[Prompt]
Return the following from the records below: each line, word for word, starting with the line that contains "filename src/Memory/Blocks.antt" and going on through the line that contains "memcpy_at us (o ∷ old) []", with nothing outside that range.

[Information provided]
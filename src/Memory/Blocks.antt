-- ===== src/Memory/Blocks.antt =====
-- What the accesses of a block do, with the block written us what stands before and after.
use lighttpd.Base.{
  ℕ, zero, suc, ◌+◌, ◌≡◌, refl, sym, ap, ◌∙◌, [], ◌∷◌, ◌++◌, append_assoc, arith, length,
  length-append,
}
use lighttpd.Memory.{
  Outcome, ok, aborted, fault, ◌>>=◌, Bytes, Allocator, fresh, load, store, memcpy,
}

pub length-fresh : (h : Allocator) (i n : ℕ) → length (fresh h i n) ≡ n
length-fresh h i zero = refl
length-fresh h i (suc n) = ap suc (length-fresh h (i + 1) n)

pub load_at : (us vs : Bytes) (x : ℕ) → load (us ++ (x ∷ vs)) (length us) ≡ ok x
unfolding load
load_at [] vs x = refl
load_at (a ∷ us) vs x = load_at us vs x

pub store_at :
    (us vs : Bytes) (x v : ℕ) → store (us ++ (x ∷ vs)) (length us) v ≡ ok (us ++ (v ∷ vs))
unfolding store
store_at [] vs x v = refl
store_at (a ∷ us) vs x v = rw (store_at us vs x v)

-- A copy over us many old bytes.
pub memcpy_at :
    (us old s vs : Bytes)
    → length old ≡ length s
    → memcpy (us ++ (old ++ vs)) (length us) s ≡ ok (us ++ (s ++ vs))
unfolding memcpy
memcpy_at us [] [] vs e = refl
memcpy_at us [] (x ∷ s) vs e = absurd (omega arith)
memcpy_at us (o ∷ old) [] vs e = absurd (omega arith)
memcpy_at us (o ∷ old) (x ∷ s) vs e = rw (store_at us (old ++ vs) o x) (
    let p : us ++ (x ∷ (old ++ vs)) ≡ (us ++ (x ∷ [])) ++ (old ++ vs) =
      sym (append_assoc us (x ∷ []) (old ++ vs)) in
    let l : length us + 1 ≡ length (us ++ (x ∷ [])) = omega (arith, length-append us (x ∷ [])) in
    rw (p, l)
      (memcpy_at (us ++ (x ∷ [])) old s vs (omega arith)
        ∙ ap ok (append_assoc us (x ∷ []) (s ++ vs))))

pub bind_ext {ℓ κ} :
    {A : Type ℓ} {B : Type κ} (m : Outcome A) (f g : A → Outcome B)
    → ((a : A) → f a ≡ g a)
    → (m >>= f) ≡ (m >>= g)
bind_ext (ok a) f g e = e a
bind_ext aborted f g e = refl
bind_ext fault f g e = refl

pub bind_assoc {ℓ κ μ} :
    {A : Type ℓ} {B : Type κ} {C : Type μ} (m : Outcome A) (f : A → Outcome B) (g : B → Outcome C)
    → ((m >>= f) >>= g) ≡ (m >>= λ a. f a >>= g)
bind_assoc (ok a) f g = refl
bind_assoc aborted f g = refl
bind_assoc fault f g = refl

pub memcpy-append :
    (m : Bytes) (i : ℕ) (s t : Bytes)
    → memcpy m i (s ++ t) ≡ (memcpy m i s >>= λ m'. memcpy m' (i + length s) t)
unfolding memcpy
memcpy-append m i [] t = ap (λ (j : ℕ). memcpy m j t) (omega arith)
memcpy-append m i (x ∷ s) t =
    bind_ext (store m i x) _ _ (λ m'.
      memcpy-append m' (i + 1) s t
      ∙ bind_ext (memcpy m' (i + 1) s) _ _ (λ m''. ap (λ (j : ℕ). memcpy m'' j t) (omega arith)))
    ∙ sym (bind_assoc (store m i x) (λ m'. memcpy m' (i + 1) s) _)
==
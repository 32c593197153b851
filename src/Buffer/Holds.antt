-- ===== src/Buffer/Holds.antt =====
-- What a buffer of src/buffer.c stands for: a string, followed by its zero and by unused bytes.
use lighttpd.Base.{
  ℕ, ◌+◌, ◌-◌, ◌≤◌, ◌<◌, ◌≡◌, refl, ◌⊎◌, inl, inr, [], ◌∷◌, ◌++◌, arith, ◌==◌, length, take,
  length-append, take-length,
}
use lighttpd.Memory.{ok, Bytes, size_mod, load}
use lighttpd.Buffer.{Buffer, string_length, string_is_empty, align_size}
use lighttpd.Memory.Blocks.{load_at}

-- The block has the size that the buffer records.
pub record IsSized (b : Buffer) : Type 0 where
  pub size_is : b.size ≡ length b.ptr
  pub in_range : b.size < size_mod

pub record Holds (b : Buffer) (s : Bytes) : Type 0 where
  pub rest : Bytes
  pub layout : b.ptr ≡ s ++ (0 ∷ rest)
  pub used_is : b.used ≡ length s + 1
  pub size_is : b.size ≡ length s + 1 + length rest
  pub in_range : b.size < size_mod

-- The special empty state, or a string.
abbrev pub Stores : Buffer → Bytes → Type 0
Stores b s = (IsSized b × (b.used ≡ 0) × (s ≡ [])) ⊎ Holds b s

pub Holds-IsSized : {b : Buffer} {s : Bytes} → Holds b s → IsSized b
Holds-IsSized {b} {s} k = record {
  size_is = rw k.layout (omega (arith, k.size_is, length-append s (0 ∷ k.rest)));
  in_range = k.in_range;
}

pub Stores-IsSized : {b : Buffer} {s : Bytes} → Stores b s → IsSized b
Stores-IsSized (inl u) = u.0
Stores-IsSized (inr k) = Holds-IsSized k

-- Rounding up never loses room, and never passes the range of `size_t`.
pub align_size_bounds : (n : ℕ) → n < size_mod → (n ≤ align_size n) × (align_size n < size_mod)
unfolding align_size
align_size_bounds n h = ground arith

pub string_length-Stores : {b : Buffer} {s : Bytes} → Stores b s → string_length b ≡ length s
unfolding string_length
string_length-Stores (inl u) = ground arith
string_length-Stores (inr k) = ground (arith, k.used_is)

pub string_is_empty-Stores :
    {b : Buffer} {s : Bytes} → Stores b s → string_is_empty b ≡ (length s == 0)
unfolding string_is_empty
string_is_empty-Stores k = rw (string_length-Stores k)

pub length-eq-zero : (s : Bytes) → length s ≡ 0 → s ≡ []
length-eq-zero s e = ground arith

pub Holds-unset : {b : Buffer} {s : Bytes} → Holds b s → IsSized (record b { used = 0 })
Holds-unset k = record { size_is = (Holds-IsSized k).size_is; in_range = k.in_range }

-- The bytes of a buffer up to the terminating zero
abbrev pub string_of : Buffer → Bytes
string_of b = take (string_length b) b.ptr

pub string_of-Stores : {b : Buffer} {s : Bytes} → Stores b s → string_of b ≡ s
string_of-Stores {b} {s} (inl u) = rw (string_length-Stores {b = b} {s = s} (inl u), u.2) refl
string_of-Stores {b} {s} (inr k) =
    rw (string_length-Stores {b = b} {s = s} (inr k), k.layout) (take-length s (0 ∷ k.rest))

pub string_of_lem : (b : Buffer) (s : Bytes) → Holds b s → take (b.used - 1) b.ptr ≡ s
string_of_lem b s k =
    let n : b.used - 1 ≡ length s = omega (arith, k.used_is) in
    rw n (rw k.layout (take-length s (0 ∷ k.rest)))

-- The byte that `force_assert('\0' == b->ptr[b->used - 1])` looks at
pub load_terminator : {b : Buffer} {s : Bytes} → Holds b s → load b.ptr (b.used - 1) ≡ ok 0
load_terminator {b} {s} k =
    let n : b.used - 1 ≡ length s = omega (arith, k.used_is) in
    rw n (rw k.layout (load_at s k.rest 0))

[Completed exercise]
filename src/Memory/Blocks.antt
-- ===== src/Memory/Blocks.antt =====
-- What the accesses of a block do, with the block written us what stands before and after.
use lighttpd.Base.{
  ℕ, zero, suc, ◌+◌, ◌≡◌, refl, sym, ap, ◌∙◌, [], ◌∷◌, ◌++◌, append_assoc, arith, length,
  length-append,
}
use lighttpd.Memory.{
  Outcome, ok, aborted, fault, ◌>>=◌, Bytes, Allocator, fresh, load, store, memcpy,
}

pub length-fresh : (h : Allocator) (i n : ℕ) → length (fresh h i n) ≡ n
length-fresh h i zero = refl
length-fresh h i (suc n) = ap suc (length-fresh h (i + 1) n)

pub load_at : (us vs : Bytes) (x : ℕ) → load (us ++ (x ∷ vs)) (length us) ≡ ok x
unfolding load
load_at [] vs x = refl
load_at (a ∷ us) vs x = load_at us vs x

pub store_at :
    (us vs : Bytes) (x v : ℕ) → store (us ++ (x ∷ vs)) (length us) v ≡ ok (us ++ (v ∷ vs))
unfolding store
store_at [] vs x v = refl
store_at (a ∷ us) vs x v = rw (store_at us vs x v)

-- A copy over us many old bytes.
pub memcpy_at :
    (us old s vs : Bytes)
    → length old ≡ length s
    → memcpy (us ++ (old ++ vs)) (length us) s ≡ ok (us ++ (s ++ vs))
unfolding memcpy
memcpy_at us [] [] vs e = refl
memcpy_at us [] (x ∷ s) vs e = absurd (omega arith)
memcpy_at us (o ∷ old) [] vs e = absurd (omega arith)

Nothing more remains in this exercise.